Japan's Nomura Holdings Inc <8604.T> and Australia's Macquarie painted a bleak picture of Asia's investment banking industry, citing a dearth of deals and frail markets.

Nomura saw its profit slip to the lowest in six quarters while Macquarie warned its investment banking, trading, securities and advisory businesses were unlikely to match the previous year's level, sending its shares down 3 percent.

Their downbeat updates mirror grim results from Western rivals such as Goldman Sachs and Citigroup and Bank of America Merrill Lynch as shaky financial markets cut into fees from trading, underwriting and advising on deals.

Nomura said hedge funds and other institutional investors pulled back from markets after volatility spiked in the wake of

the European debt crisis. Nomura's profits from trading halved and its overall net profit fell 80 percent in April-June from a year ago to just 2.3 billion yen ($27 million).

The market was out of control so their business was inevitably affected by bad markets like its rivals, said Azuma Ohno, a brokerage analyst at Credit Suisse Securities in Tokyo. Overall it wasn't a bad result.

In a trading update ahead of the group's annual general meeting, Macquarie said earnings in the quarter to June 2010 were slightly ahead of a year ago but were being pinched by falling global markets and the debt crisis in Europe.

The company, which is cutting its reliance on Australia by pushing into North America and Europe, therefore warned that it might not be able to make good on a forecast made in April of improved results for all of its businesses this financial year.

Macquarie is more of a traditional investment bank now. If markets are subdued, they will more than stumble, said Simon Burge, chief investment officer at Above The Index Asset Management. In effect, unlike earlier when they could control the pace, now the market does.

Macquarie pioneered a model of buying and pooling assets, listing them on an exchange and charging fees for managing them but over the last few years has migrated to a more conventional investment banking model.

Macquarie, dubbed the millionaire's factory for its senior bankers' hefty pay packages, is also sitting on large swathes of capital and liquid assets that are earning low yields and hurting earnings, analysts said.

Simply put most banks in the world are finding it difficult to refinance their existing assets, said CLSA analyst Brian Johnson.

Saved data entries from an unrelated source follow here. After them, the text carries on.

-- ===== src/Audit/Login/Order.antt =====
-- audit/audit.py: `check3` looks at its logs as sets.
use mathlib.Core.Path.{subst}
use gekko.Base.{Bool, true, List, [], ◌∷◌, ◌≡◌, ◌↔◌, inl, inr, refl, sym, arith}
use gekko.Python.Errors.{ok}
use gekko.Audit.Loki.{Entry}
use gekko.Audit.Login.{verdict3}
use gekko.Audit.Login.Entries.{
  Accessed, LoggedIn, AnyEntry, AllEntries, NamesAccess, NamesLogin, NamesAccesses, NamesLogins,
}
use gekko.Audit.Login.Laws.{verdict3-true_iff, verdict3-total}

-- The entry is in the log.
abbrev pub Has : List Entry → Entry → Type 0
Has es e = AnyEntry (λ x. e ≡ x) es

-- The two logs have the same entries, in whatever order and number.
abbrev pub SameEntries : List Entry → List Entry → Type 0
SameEntries es es' = (e : Entry) → Has es e ↔ Has es' e

AnyEntry-Has : (P : Entry → Type 0) (es : List Entry) → AnyEntry P es → (e : Entry) × P e × Has es e
AnyEntry-Has P [] never = absurd never
AnyEntry-Has P (e ∷ es) (inl p) = (e, p, inl refl)
AnyEntry-Has P (e ∷ es) (inr later) =
    let (x, p, there) = AnyEntry-Has P es later in (x, p, inr there)

pub Has-AnyEntry :
    (P : Entry → Type 0) (es : List Entry) (e : Entry) → P e → Has es e → AnyEntry P es
Has-AnyEntry P [] e p never = never
Has-AnyEntry P (x ∷ es) e p (inl same) = inl (subst P same p)
Has-AnyEntry P (x ∷ es) e p (inr later) = inr (Has-AnyEntry P es e p later)

AnyEntry-SameEntries :
    (P : Entry → Type 0) (es es' : List Entry) → SameEntries es es' → AnyEntry P es → AnyEntry P es'
AnyEntry-SameEntries P es es' same any =
    let (e, p, there) = AnyEntry-Has P es any in Has-AnyEntry P es' e p ((same e).0 there)

AllEntries-Has :
    (P : Entry → Type 0) (es : List Entry) (e : Entry) → AllEntries P es → Has es e → P e
AllEntries-Has P [] e all never = absurd never
AllEntries-Has P (x ∷ es) e (p, all) (inl same) = subst P (sym same) p
AllEntries-Has P (x ∷ es) e (p, all) (inr later) = AllEntries-Has P es e all later

Has-AllEntries :
    (P : Entry → Type 0) (es : List Entry) → ((e : Entry) → Has es e → P e) → AllEntries P es
Has-AllEntries P [] h = tt
Has-AllEntries P (e ∷ es) h = (h e (inl refl), Has-AllEntries P es (λ x p. h x (inr p)))

AllEntries-SameEntries :
    (P : Entry → Type 0) (es es' : List Entry)
    → SameEntries es es'
    → AllEntries P es
    → AllEntries P es'
AllEntries-SameEntries P es es' same all =
    Has-AllEntries P es' (λ e p. AllEntries-Has P es e all ((same e).1 p))

-- A pass is kept by logs with the same entries.
verdict3_kept :
    (svc kc svc' kc' : List Entry)
    → SameEntries svc svc'
    → SameEntries kc kc'
    → NamesAccesses svc
    → NamesLogins kc
    → verdict3 svc kc ≡ ok true
    → verdict3 svc' kc' ≡ ok true
verdict3_kept svc kc svc' kc' same_svc same_kc accesses logged h =
    let accesses' = AllEntries-SameEntries NamesAccess svc svc' same_svc accesses in
    let logged' = AllEntries-SameEntries NamesLogin kc kc' same_kc logged in
    (verdict3-true_iff svc' kc' accesses' logged').1 (λ s a l p q.
      let back =
        AnyEntry-SameEntries (Accessed s a) svc' svc (λ e. ((same_svc e).1, (same_svc e).0)) p in
      let back' =
        AnyEntry-SameEntries (LoggedIn s l) kc' kc (λ e. ((same_kc e).1, (same_kc e).0)) q in
      let (earlier, r, le) = (verdict3-true_iff svc kc accesses logged).0 h s a l back back' in
      (earlier, AnyEntry-SameEntries (LoggedIn s earlier) kc kc' same_kc r, le))

bool_equal : (b b' : Bool) → (b ≡ true → b' ≡ true) → (b' ≡ true → b ≡ true) → b ≡ b'
bool_equal b b' to from = ground arith

-- For logs in which every access names nobody, or a subject with a time and a service, and every
-- login nobody, or a user with a time, the verdict depends only on which entries the logs have,
-- and neither on their order nor on their number.
pub verdict3-SameEntries :
    (svc_logs svc_logs' kc_logs kc_logs' : List Entry)
    → NamesAccesses svc_logs
    → NamesLogins kc_logs
    → SameEntries svc_logs svc_logs'
    → SameEntries kc_logs kc_logs'
    → verdict3 svc_logs kc_logs ≡ verdict3 svc_logs' kc_logs'
verdict3-SameEntries svc svc' kc kc' accesses logged same_svc same_kc =
    let accesses' = AllEntries-SameEntries NamesAccess svc svc' same_svc accesses in
    let logged' = AllEntries-SameEntries NamesLogin kc kc' same_kc logged in
    let (b, is_b) = verdict3-total svc kc accesses logged in
    let (b', is_b') = verdict3-total svc' kc' accesses' logged' in
    let to = verdict3_kept svc kc svc' kc' same_svc same_kc accesses logged in
    let from =
      verdict3_kept svc' kc' svc kc (λ e. ((same_svc e).1, (same_svc e).0))
        (λ e. ((same_kc e).1, (same_kc e).0)) accesses' logged' in
    let same : b ≡ b' =
      bool_equal b b' (λ p. cc (is_b', to (cc (is_b, p)))) (λ p. cc (is_b, from (cc (is_b', p)))) in
    cc (is_b, is_b', same)
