-- ===== src/Audit/Login/Reported.antt =====
-- audit/audit.py: which subjects the report of `check3` lists.
use mathlib.Core.Path.{subst}
use gekko.Base.{
  ◌+◌, length, In, filter_map-In_iff, String, true, none, some, List, [], ◌≡◌, ◌↔◌, inl, inr, refl,
  sym, ap, ◌∙◌, arith, string_eq, Option-cases,
}
use gekko.Base.Dict.{Dict, lookup}
use gekko.Python.Errors.{ok}
use gekko.Python.Json.{ℤ}
use gekko.Python.Integers.{◌<ℤ◌}
use gekko.Python.Sorting.{Sorted, sort_by-Sorted, sort_by-In_iff, length-sort_by}
use gekko.Audit.Loki.{Entry}
use gekko.Audit.Login.{
  Access, first_accesses, Violation, violation_of, without_login_of, hard_violations, info_only,
  LoginReport, report3, verdict3,
}
use gekko.Audit.Login.Earliest.{collect}
use gekko.Audit.Login.Entries.{
  LoggedIn, AnyEntry, NamesAccesses, NamesLogins, access_of, login_of, first_logins-collect,
  logins_total,
}
use gekko.Audit.Login.Services.{times, accesses_total}
use gekko.Audit.Login.First.{First, IsFirstAccess, lookup-First_iff, lookup-none_iff, Accessed-iff}
use gekko.Audit.Login.Counts.{counts-le, no_violation-nil_iff}
use gekko.Audit.Login.Laws.{login_kept, login_shown}

violation_of-some_iff :
    (logins : Dict String ℤ) (s : String) (a : Access) (v : Violation)
    → (violation_of logins (s, a) ≡ some v) ↔ (
        (s ≡ v.sub)
        × (a ≡ v.access)
        × (lookup v.sub logins ≡ some v.login)
        × (v.access.ts_ns <ℤ v.login))
violation_of-some_iff logins s a v = elim (Option-cases (lookup s logins)) [
  | inl missing ↦ ground arith
  | inr (l, found) ↦ ground arith
]

without_login_of-some_iff :
    (logins : Dict String ℤ) (s t : String) (a b : Access)
    → (without_login_of logins (s, a) ≡ some (t, b))
      ↔ ((s ≡ t) × (a ≡ b) × (lookup t logins ≡ none))
without_login_of-some_iff logins s t a b = ground arith

-- The first login of the subject is later than its first access.
abbrev pub IsLate : List Entry → List Entry → Violation → Type 0
IsLate svc_logs kc_logs v =
    IsFirstAccess v.sub v.access svc_logs
    × First LoggedIn v.sub v.login kc_logs
    × (v.access.ts_ns <ℤ v.login)

-- The subject has a first access, and no login.
abbrev pub IsWithoutLogin : List Entry → List Entry → String × Access → Type 0
IsWithoutLogin svc_logs kc_logs (s, access) =
    IsFirstAccess s access svc_logs × ((l : ℤ) → ¬ AnyEntry (LoggedIn s l) kc_logs)

module _ (svc kc : List Entry) (first : Dict String Access) (logins : Dict String ℤ)
    (accesses : NamesAccesses svc) (read : first_accesses [] svc ≡ ok first)
    (kept : collect access_of [] svc ≡ ok (times first))
    (known : collect login_of [] kc ≡ ok logins) where
  LoggedIn-iff : (s : String) (t : ℤ) → (lookup s logins ≡ some t) ↔ First LoggedIn s t kc
  LoggedIn-iff =
      lookup-First_iff LoggedIn kc logins (login_kept kc logins known) (login_shown kc logins known)

  no_login_iff : (s : String) → (lookup s logins ≡ none) ↔ ((t : ℤ) → ¬ AnyEntry (LoggedIn s t) kc)
  no_login_iff =
      lookup-none_iff LoggedIn kc logins (login_kept kc logins known) (login_shown kc logins known)

  pub hard_violations-In_iff :
      (v : Violation) → In v (hard_violations logins first) ↔ IsLate svc kc v
  hard_violations-In_iff v =
      let (to, from) = filter_map-In_iff (violation_of logins) v first in
      let (seen, see) = Accessed-iff svc first accesses read kept v.sub v.access in
      let (logged, log) = LoggedIn-iff v.sub v.login in
      (
        λ p.
            let ((s, a), there, h) = to p in
            let (same, when, found, late) = (violation_of-some_iff logins s a v).0 h in
            (seen (subst (λ x. In x first) (λ i. (same i, when i)) there), logged found, late),
        λ (accessed, login, late). from (
          (v.sub, v.access),
          see accessed,
          (violation_of-some_iff logins v.sub v.access v).1 (refl, refl, log login, late),
        ),
      )

  pub info_only-In_iff :
      (x : String × Access) → In x (info_only logins first) ↔ IsWithoutLogin svc kc x
  info_only-In_iff (t, b) =
      let (to, from) = filter_map-In_iff (without_login_of logins) (t, b) first in
      let (seen, see) = Accessed-iff svc first accesses read kept t b in
      let (absent, miss) = no_login_iff t in
      (
        λ p.
            let ((s, a), there, h) = to p in
            let (same, when, missing) = (without_login_of-some_iff logins s t a b).0 h in
            (seen (subst (λ x. In x first) (λ i. (same i, when i)) there), absent missing),
        λ (accessed, never). from (
          (t, b),
          see accessed,
          (without_login_of-some_iff logins t t b b).1 (refl, refl, miss never),
        ),
      )

-- For logs in which every access names nobody, or a subject with a time and a service, and every
-- login nobody, or a user with a time, the report lists as violations the subjects whose first
-- login is later than their first access, with the two times, and apart from them the subjects
-- with an access and no login. The service beside an access is that of the first entry in the log
-- at that time. Both lists go by the time of the access, and with the number of confirmed subjects
-- their lengths make up the number of subjects. The verdict on the logs is positive exactly when no
-- violation is listed.
pub report3-lists :
    (svc_logs kc_logs : List Entry)
    → NamesAccesses svc_logs
    → NamesLogins kc_logs
    → (report : LoginReport) × (report3 svc_logs kc_logs ≡ ok report)
      × ((v : Violation) → In v report.violations ↔ IsLate svc_logs kc_logs v)
      × ((x : String × Access) → In x report.without_login ↔ IsWithoutLogin svc_logs kc_logs x)
      × Sorted (λ v. v.access.ts_ns) report.violations
      × Sorted (λ x. x.1.ts_ns) report.without_login
      × (report.confirmed + length report.violations + length report.without_login ≡ report.subs)
      × ((verdict3 svc_logs kc_logs ≡ ok true) ↔ (length report.violations ≡ 0))
unfolding report3 verdict3
report3-lists svc kc accesses logged =
    let (first, read, kept) = accesses_total [] svc accesses in
    let (logins, known) = logins_total [] kc logged in
    let bad = hard_violations logins first in
    let info = info_only logins first in
    let bad_length = length-sort_by (λ v. v.access.ts_ns) bad in
    let info_length = length-sort_by (λ x. x.1.ts_ns) info in
    let (none_bad, judge) = no_violation-nil_iff logins first in
    rw (read, first_logins-collect, known)
      (
        _,
        refl,
        (λ v. ground (
          arith,
          sort_by-In_iff (λ w. w.access.ts_ns) v bad,
          hard_violations-In_iff svc kc first logins accesses read kept known v,
        )),
        (λ x. ground (
          arith,
          sort_by-In_iff (λ y. y.1.ts_ns) x info,
          info_only-In_iff svc kc first logins accesses read kept known x,
        )),
        sort_by-Sorted (λ v. v.access.ts_ns) bad,
        sort_by-Sorted (λ x. x.1.ts_ns) info,
        omega (arith, bad_length, info_length, counts-le logins first),
        (
          λ h. bad_length ∙ none_bad (ground arith),
          λ h. ap (λ b. ok b) (judge (sym bad_length ∙ h)),
        ),
      )
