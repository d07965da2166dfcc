-- ===== src/Audit/Login/View.antt =====
-- audit/audit.py: what `check3` says of two logs, as a function of the sets of their entries.
use mathlib.Core.Quot
use mathlib.Core.Quot.{Quot}
use gekko.Base.{Bool, List, ◌≡◌, ◌∙◌, sym}
use gekko.Python.Errors.{ok, ok-injective}
use gekko.Audit.Loki.{Entry}
use gekko.Audit.Login.{verdict3}
use gekko.Audit.Login.Entries.{NamesAccesses, NamesLogins}
use gekko.Audit.Login.Laws.{verdict3-total}
use gekko.Audit.Login.Order.{SameEntries, verdict3-SameEntries}

-- The two logs, in which every entry names somebody as it should, or nobody.
pub record LoginLogs : Type 0 where
  pub svc_logs : List Entry
  pub kc_logs : List Entry
  pub accesses : NamesAccesses svc_logs
  pub logins : NamesLogins kc_logs

-- The entries are the same, in whatever order and number.
abbrev pub SameLogs : LoginLogs → LoginLogs → Type 0
SameLogs x y = SameEntries x.svc_logs y.svc_logs × SameEntries x.kc_logs y.kc_logs

-- Logs up to order and number: the two sets of their entries.
abbrev pub LogSets : Type 0
LogSets = Quot SameLogs

abbrev pub sets_of : LoginLogs → LogSets
sets_of = Quot.mk

passed : LoginLogs → Bool
passed x = (verdict3-total x.svc_logs x.kc_logs x.accesses x.logins).0

verdict3-passed : (x : LoginLogs) → verdict3 x.svc_logs x.kc_logs ≡ ok (passed x)
unfolding passed
verdict3-passed x = (verdict3-total x.svc_logs x.kc_logs x.accesses x.logins).1

passed-SameLogs : (x y : LoginLogs) → SameLogs x y → passed x ≡ passed y
passed-SameLogs x y (same_svc, same_kc) = ok-injective (
    sym (verdict3-passed x)
    ∙ verdict3-SameEntries x.svc_logs y.svc_logs x.kc_logs y.kc_logs x.accesses x.logins same_svc
        same_kc
    ∙ verdict3-passed y)

-- The verdict on two sets of entries.
pub verdict_on : LogSets → Bool
verdict_on = Quot.lift (hlevel) passed passed-SameLogs

-- The verdict on logs, in which every access names nobody, or a subject with a time and a service,
-- and every login nobody, or a user with a time, is there, and it is a function of the sets of their
-- entries: logs with the same entries are the same sets, and what is computed from the logs is the
-- value of the function on their sets.
pub verdict3_refines :
    (logs : LoginLogs)
    → (verdict3 logs.svc_logs logs.kc_logs ≡ ok (verdict_on (sets_of logs)))
      × ((other : LoginLogs) → SameLogs logs other → sets_of logs ≡ sets_of other)
unfolding verdict_on
verdict3_refines logs = (verdict3-passed logs, λ other same. Quot.sound same)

Conversely Macquarie is in the opposite position with the challenge being to deploy the excess funding.

OVERSEAS EXPANSION

Nomura's profit was the lowest since the January-March quarter when it lost more than $2 billion, burdened by costs related to its acquisition of the European and Asian assets of failed U.S. investment bank Lehman Brothers in 2008.

Nomura's performance was slowed by a sharp drop-off in its underwriting business. Japanese companies sold $5.2 billion worth of shares in the quarter, less than half of the $13.8 billion raised a year ago, Thomson Reuters data showed.

It still held on to its leading position in Japan's equity capital markets for the quarter, controlling 42.4 percent of underwriting, and is making progress overseas, including the U.S. where it is building a presence from scratch.

Macquarie, which earns nearly half its income in Australia, has suffered from a slowdown in deals. M&A activity targeting the Australasian region fell by 28 percent to $65.3 billion and equity issuances fell by 80 percent year to date.

Macquarie stopped short of giving an indication of where it expected its first half or 2011 earnings to be. A Reuters poll of eight analysts on average forecast Macquarie's first-half profit would rise 38 percent to A$660 million ($594 million).

Macquarie's shares tumbled as much as 6.7 percent and closed at their lowest in more than three weeks.

Prior to the announcement, Nomura shares closed 1.6 percent lower at 481 yen, in line with the securities sector subindex <.ISECU.T>. Nomura's stock has fallen 29 percent since the start of 2010, underperforming a 25 percent fall in the subindex.